Thanks to Derek Vreeland for sharing his thoughts on his blog.

what i chose for the giveaway

So many tough choices, really!  So in the end I decided to go with:

Klyne Snodgrass’ Stories with Intent: A Comprehensive Guide to the Parables of Jesus ($31.00)

Kenton Sparks’ God Words in Human Words: An Evangelical Approriation of Biblical Scholarship ($17.27)

It was tough to go between Sparks and Letham’s book on the Trinity.  Real tough.  But in the end I think I chose to go with Sparks because he covers such a broad spcetrum of the Bible and issues I would like to read up on, though I really want to check out Letham too.

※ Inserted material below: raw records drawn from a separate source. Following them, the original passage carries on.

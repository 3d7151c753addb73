-- ===== src/Escape/Words.antt =====
-- vgseer/vgseer.c: what `escape_filename` types for a name stands in the command line as a word.
use mathlib.Core.List.{append_assoc}
use viewglob.Base.{
  ℕ, suc, ◌-◌, ◌≡◌, refl, sym, ap, ◌∙◌, Bool, true, false, ◌||◌, List, [], ◌∷◌, ◌++◌, ◌⊎◌, Option,
  none, some, Bytes, codes, ◌==◌, length, inl, inr, lacks, arith,
}
use viewglob.Connection.{at_prompt}
use viewglob.Libs.{Libs}
use viewglob.CmdLine.Edit.{Editor, byte_at}
use viewglob.CmdLine.Move.{is_space, cmd_whitespace_to_left, cmd_whitespace_to_right}
use viewglob.CmdLine.Zipper.{Shows}
use viewglob.Escape.{is_in, escape, space_unless, escape_filename}
use viewglob.Escape.Reader.{
  Token, word, Reader, leaders, tokens_of, closed, read_bytes, beginning, read_line,
  read_bytes-append, tokens_of-closed, space-closed, read_bytes-unquoted, read_bytes-space,
}
use viewglob.Escape.Typed.{and_second, is_one_line, escaped_byte, escaped_name}

-- The bytes of a holdover, which `process_vgd` has `prepend_holdover` put in front of what is typed.
abbrev pub held : Option Bytes → Bytes
held none = []
held (some h) = h

byte_at-append : (l r : Bytes) → byte_at (l ++ r) (length l) ≡ byte_at r 0
byte_at-append [] r = refl
byte_at-append (c ∷ cs) r = byte_at-append cs r

module _ (libs : Libs) (e : Editor) (l r : Bytes) (h : Shows e l r) where
  left_space :
      (cmd_whitespace_to_left libs none e
        ≡ (length l == 0 || is_space (byte_at (l ++ r) (length l - 1))))
      × (cmd_whitespace_to_left libs (some (32 ∷ [])) e ≡ true)
  unfolding cmd_whitespace_to_left
  left_space = (ground (arith, h.single_byte, h.text_eq, h.pos_eq), ground arith)

  right_space : cmd_whitespace_to_right libs e ≡ is_space (byte_at r 0)
  unfolding cmd_whitespace_to_right
  right_space = rw (h.single_byte, h.text_eq, h.pos_eq) (ap is_space (byte_at-append l r))

tail_space :
    (r : Bytes) (c : ℕ) (cs : Bytes)
    → true ≡ (length (c ∷ cs) == 0 || is_space (byte_at ((c ∷ cs) ++ r) (length (c ∷ cs) - 1)))
    → is_space (byte_at ((c ∷ cs) ++ r) (length cs)) ≡ true
tail_space r c cs y =
    at_index (length cs) (suc (length cs) - 1) (omega arith) (nonempty (length cs) y)
  where
    nonempty : {b : Bool} (n : ℕ) → true ≡ (suc n == 0 || b) → b ≡ true
    nonempty n k = ground arith

    at_index :
        (i j : ℕ)
        → i ≡ j
        → is_space (byte_at ((c ∷ cs) ++ r) j) ≡ true
        → is_space (byte_at ((c ∷ cs) ++ r) i) ≡ true
    at_index i j k x = ap (λ n. is_space (byte_at ((c ∷ cs) ++ r) n)) k ∙ x

-- What stands before the name leaves no word begun.
left_closed :
    (l r : Bytes) (holdover : Option Bytes) (white : Bool)
    → lacks 92 l ≡ true
    → (holdover ≡ none) × (white ≡ (length l == 0 || is_space (byte_at (l ++ r) (length l - 1))))
      ⊎ (holdover ≡ some (32 ∷ [])) × (white ≡ true)
    → read_bytes (held holdover ++ space_unless white) (read_bytes l beginning)
      ≡ closed (read_bytes l beginning)
left_closed l r holdover white a (inr (k, y)) =
    rw (k, y)
      (space-closed 32 (read_bytes l beginning) (read_bytes-unquoted l beginning refl a) refl)
left_closed l r holdover true a (inl (k, y)) = rw k (sym (begun l a y))
  where
    begun :
        (l : Bytes)
        → lacks 92 l ≡ true
        → true ≡ (length l == 0 || is_space (byte_at (l ++ r) (length l - 1)))
        → closed (read_bytes l beginning) ≡ read_bytes l beginning
    begun [] a y = refl
    begun (c ∷ cs) a y = read_bytes-space c cs r beginning refl a (tail_space r c cs y)
left_closed l r holdover false a (inl (k, y)) =
    rw k (space-closed 32 (read_bytes l beginning) (read_bytes-unquoted l beginning refl a) refl)

-- What stands behind the name ends its word.
right_closed :
    (r w : Bytes) (d : List Token) (white : Bool)
    → white ≡ is_space (byte_at r 0)
    → tokens_of (
        read_bytes
          (space_unless white ++ r)
          (record { quoted = false; partial = some w; done = d }))
      ≡ (d ++ word w ∷ []) ++ read_line r
right_closed r w d false y =
    tokens_of-closed r (record { quoted = false; partial = some w; done = d })
right_closed [] w d true y = cc y
right_closed (b ∷ bs) w d true y =
    ap (λ (s : Reader). tokens_of (read_bytes bs s))
      (space-closed b (record { quoted = false; partial = some w; done = d }) refl (sym y))
    ∙ tokens_of-closed bs (record { quoted = false; partial = some w; done = d })
    ∙ ap (λ (s : Reader). (d ++ word w ∷ []) ++ tokens_of (read_bytes bs s))
        (sym (space-closed b beginning refl (sym y)))

-- The name between what is on its two sides.
between :
    (before after : Bytes) (c : ℕ) (cs : Bytes) (s : Reader)
    → is_one_line (c ∷ cs) ≡ true
    → is_in c leaders ≡ false
    → read_bytes before s ≡ closed s
    → read_bytes (before ++ (escape true (c ∷ cs) ++ after)) s
      ≡ read_bytes after (record { quoted = false; partial = some (c ∷ cs); done = tokens_of s })
between before after c cs s o n k =
    read_bytes-append before (escape true (c ∷ cs) ++ after) s
    ∙ ap (read_bytes (escape true (c ∷ cs) ++ after)) k
    ∙ read_bytes-append (escape true (c ∷ cs)) after (closed s)
    ∙ ap (read_bytes after) (
        escaped_byte c cs (closed s) refl (ground arith) n
        ∙ escaped_name cs (c ∷ []) (tokens_of s) (and_second _ _ o))

-- With the cursor between `l` and `r` in a single-byte locale, and no holdover or a space, the line
-- in which the holdover and what `escape_filename` types at the prompt stand at the cursor is read
-- as the tokens of `l`, the name as one word, and the tokens of `r`. There is no backslash in `l`;
-- the name is not empty, begins with neither `~` nor `=`, and has no line feed, vertical tab, form
-- feed or carriage return. The reader knows backslashes, white space and bytes that are tokens of their
-- own, quotation marks among them; it expands nothing.
pub read_line-escape_filename :
    (libs : Libs) (e : Editor) (l r : Bytes) (c : ℕ) (cs : Bytes) (holdover : Option Bytes)
    → Shows e l r
    → (holdover ≡ none) ⊎ (holdover ≡ some (codes " "))
    → lacks 92 l ≡ true
    → is_one_line (c ∷ cs) ≡ true
    → is_in c leaders ≡ false
    → read_line (l ++ ((held holdover ++ escape_filename libs (c ∷ cs) e at_prompt holdover) ++ r))
      ≡ read_line l ++ (word (c ∷ cs) ∷ read_line r)
unfolding escape_filename
read_line-escape_filename libs e l r c cs holdover h k a o n =
    ap tokens_of (
      read_bytes-append l _ beginning
      ∙ ap (λ (t : Bytes). read_bytes t s) regrouped
      ∙ between before after c cs s o n (left_closed l r holdover white a (sides k)))
    ∙ right_closed r (c ∷ cs) (read_line l) (cmd_whitespace_to_right libs e)
        (right_space libs e l r h)
    ∙ append_assoc (read_line l) (word (c ∷ cs) ∷ []) (read_line r)
  where
    white : Bool
    white = cmd_whitespace_to_left libs holdover e

    before : Bytes
    before = held holdover ++ space_unless white

    after : Bytes
    after = space_unless (cmd_whitespace_to_right libs e) ++ r

    s : Reader
    s = read_bytes l beginning

    regrouped :
        (held holdover ++ escape_filename libs (c ∷ cs) e at_prompt holdover) ++ r
        ≡ before ++ (escape true (c ∷ cs) ++ after)
    regrouped = simp append_assoc refl

    sides :
        (holdover ≡ none) ⊎ (holdover ≡ some (codes " "))
        → (holdover ≡ none)
            × (white ≡ (length l == 0 || is_space (byte_at (l ++ r) (length l - 1))))
          ⊎ (holdover ≡ some (32 ∷ [])) × (white ≡ true)
    sides (inl y) =
        inl (y, ap (λ o. cmd_whitespace_to_left libs o e) y ∙ (left_space libs e l r h).0)
    sides (inr y) =
        inr (y, ap (λ o. cmd_whitespace_to_left libs o e) y ∙ (left_space libs e l r h).1)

on the importance of understanding the Trinity

I want to put up Tony’s response from my last post on the lack of interest in the doctrine of the Trinity – it’s too good to let go by in the comments section (I edited it slightly for effect):

The doctrine of the Holy Trinity is the single most important doctrine of Christianity. Everything else depends on it; ecclessiology, christology, pneumatology, interpretation of Scripture, missiology, etc….  It is the most appropriate and timeless way to talk about God. It is what separates us from other religions, it defends the Church from heresy.

This is it.  It is the single most important doctrine of Christianity – in essence it is what separates the wheat from the chaff – true believers from the false ones.  I know Nick has shared it is usually one of the primary reasons a cult is a cult – they dismiss God as Trinity. 

What are some other reasons it is important to know and understand God as Trinity?

Here is a really good book to consider on the Trinity:

Robert Letham, Holy Trinity: In Scripture, History, Theology, and Worship (P and R Publishing Company, 2005).